ACTION ITEM -
Everything from the first line below through the line with "pub sample_interval : ℕ" is to be transcribed exactly, and nothing past it.
★ ★ ★ ★ ★
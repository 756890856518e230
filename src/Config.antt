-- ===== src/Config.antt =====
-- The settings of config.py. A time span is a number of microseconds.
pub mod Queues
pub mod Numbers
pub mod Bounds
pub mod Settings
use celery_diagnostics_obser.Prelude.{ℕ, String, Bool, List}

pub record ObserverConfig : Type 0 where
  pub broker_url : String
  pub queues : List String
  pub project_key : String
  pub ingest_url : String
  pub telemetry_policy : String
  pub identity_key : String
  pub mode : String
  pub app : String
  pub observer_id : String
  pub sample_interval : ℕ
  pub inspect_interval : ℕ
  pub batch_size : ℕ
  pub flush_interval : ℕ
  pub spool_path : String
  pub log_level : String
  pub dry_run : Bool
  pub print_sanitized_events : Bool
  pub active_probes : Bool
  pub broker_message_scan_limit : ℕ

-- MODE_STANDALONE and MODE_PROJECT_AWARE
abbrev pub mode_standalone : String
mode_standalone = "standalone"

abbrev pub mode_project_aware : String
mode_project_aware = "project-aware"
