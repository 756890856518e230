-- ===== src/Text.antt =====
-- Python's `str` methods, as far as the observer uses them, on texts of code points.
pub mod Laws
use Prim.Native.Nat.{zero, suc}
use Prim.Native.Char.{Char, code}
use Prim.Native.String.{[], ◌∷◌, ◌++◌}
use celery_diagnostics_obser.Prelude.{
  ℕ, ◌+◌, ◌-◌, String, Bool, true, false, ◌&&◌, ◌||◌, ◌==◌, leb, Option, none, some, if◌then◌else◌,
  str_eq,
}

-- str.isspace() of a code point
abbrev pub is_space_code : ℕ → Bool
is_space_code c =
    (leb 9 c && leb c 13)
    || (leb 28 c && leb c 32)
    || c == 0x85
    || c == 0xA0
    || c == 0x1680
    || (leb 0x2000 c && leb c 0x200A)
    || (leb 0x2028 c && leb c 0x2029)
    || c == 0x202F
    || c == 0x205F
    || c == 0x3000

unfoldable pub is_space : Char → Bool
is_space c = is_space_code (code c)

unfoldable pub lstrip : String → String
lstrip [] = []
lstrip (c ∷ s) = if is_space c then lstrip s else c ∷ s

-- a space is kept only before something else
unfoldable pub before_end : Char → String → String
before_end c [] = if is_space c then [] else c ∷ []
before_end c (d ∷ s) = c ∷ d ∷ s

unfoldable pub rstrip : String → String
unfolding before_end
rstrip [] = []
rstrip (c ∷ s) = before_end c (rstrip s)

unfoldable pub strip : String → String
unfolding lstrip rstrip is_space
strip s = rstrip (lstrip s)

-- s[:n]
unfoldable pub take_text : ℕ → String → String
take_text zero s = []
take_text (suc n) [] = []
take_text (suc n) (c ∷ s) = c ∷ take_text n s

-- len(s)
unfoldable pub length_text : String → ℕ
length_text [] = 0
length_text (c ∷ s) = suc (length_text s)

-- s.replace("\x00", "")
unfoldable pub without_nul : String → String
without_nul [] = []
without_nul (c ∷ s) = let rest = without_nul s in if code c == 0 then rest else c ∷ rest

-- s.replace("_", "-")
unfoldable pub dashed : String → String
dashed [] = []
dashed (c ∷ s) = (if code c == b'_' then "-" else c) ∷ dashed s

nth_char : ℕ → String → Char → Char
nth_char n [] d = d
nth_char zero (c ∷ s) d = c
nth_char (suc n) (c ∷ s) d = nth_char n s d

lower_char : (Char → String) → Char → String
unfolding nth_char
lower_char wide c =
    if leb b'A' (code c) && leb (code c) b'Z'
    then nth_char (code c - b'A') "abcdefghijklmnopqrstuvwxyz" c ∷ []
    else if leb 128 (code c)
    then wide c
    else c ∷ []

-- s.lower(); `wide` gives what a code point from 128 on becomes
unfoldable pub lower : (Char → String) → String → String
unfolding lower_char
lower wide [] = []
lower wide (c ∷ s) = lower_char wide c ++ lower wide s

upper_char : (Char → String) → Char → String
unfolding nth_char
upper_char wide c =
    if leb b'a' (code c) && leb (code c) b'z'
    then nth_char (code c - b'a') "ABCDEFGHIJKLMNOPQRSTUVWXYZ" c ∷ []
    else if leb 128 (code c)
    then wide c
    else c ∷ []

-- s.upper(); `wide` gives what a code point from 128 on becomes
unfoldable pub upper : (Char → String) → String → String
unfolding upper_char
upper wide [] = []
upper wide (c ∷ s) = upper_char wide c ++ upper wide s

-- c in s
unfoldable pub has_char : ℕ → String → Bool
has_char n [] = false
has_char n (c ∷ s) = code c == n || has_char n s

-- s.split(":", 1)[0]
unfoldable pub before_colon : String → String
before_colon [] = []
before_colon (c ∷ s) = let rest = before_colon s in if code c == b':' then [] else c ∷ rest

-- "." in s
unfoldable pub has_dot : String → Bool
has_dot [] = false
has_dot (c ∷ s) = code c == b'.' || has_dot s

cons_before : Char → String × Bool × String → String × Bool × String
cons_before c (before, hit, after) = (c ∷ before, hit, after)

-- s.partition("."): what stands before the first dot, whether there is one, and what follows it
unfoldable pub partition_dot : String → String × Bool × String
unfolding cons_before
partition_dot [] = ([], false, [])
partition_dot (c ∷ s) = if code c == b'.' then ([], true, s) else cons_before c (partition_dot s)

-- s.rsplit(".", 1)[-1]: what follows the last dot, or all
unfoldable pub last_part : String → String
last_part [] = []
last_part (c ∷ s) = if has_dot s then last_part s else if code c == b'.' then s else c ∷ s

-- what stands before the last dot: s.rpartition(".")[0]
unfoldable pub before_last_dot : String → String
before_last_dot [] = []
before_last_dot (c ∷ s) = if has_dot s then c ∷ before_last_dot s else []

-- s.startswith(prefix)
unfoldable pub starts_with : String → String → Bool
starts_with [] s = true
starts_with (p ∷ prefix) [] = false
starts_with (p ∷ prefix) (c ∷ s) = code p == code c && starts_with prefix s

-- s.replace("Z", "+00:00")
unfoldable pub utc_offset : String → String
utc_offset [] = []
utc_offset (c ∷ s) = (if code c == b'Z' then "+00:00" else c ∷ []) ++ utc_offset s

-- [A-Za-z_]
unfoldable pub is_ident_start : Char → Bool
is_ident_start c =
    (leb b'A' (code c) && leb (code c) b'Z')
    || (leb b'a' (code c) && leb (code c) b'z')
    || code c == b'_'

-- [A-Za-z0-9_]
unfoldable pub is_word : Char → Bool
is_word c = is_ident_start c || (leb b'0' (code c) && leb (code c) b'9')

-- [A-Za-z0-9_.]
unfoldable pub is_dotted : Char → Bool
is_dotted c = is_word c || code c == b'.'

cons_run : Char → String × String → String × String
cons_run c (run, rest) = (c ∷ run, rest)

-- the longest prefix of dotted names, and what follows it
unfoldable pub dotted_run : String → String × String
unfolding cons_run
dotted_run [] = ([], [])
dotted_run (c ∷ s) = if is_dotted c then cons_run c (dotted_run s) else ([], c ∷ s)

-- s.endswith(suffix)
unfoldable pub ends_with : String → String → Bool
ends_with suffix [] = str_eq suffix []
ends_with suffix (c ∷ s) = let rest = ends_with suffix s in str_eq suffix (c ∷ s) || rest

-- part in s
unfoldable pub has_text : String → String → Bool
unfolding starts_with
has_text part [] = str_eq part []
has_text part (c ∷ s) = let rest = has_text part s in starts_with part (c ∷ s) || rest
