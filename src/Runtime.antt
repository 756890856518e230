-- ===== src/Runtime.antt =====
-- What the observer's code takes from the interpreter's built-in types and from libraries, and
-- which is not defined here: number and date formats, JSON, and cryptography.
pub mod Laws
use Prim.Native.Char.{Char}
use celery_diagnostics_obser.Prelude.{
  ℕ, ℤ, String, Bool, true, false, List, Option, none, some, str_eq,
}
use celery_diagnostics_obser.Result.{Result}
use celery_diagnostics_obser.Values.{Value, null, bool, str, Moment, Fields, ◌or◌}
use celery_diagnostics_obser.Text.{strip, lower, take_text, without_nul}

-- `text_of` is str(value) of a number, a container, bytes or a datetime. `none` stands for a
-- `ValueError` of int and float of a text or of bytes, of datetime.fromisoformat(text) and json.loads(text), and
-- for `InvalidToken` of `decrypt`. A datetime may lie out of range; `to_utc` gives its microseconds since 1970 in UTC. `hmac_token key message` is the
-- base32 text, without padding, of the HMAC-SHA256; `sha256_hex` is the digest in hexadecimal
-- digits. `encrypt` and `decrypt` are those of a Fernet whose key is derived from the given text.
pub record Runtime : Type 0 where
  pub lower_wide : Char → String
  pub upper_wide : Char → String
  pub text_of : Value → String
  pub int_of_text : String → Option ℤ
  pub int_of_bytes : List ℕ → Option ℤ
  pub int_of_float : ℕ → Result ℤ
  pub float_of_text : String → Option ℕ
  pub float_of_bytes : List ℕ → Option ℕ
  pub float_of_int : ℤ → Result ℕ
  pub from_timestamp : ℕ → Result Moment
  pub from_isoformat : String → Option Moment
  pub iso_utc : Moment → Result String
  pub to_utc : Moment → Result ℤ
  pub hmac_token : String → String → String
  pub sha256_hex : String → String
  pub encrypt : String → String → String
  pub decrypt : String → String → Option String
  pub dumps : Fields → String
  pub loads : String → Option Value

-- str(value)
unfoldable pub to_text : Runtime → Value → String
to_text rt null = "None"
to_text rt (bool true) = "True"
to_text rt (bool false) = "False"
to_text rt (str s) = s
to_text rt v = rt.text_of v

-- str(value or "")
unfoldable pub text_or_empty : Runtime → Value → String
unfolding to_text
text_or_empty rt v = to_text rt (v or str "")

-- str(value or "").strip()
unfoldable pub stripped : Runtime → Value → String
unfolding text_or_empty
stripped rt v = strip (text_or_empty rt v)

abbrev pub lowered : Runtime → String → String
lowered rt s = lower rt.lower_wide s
★ ★ ★ ★ ★
TASK ANSWER -
repository 756890856518e230
filename src/Config.antt
-- ===== src/Config.antt =====
-- The settings of config.py. A time span is a number of microseconds.
pub mod Queues
pub mod Numbers
pub mod Bounds
pub mod Settings
use celery_diagnostics_obser.Prelude.{ℕ, String, Bool, List}

pub record ObserverConfig : Type 0 where
  pub broker_url : String
  pub queues : List String
  pub project_key : String
  pub ingest_url : String
  pub telemetry_policy : String
  pub identity_key : String
  pub mode : String
  pub app : String
  pub observer_id : String
  pub sample_interval : ℕ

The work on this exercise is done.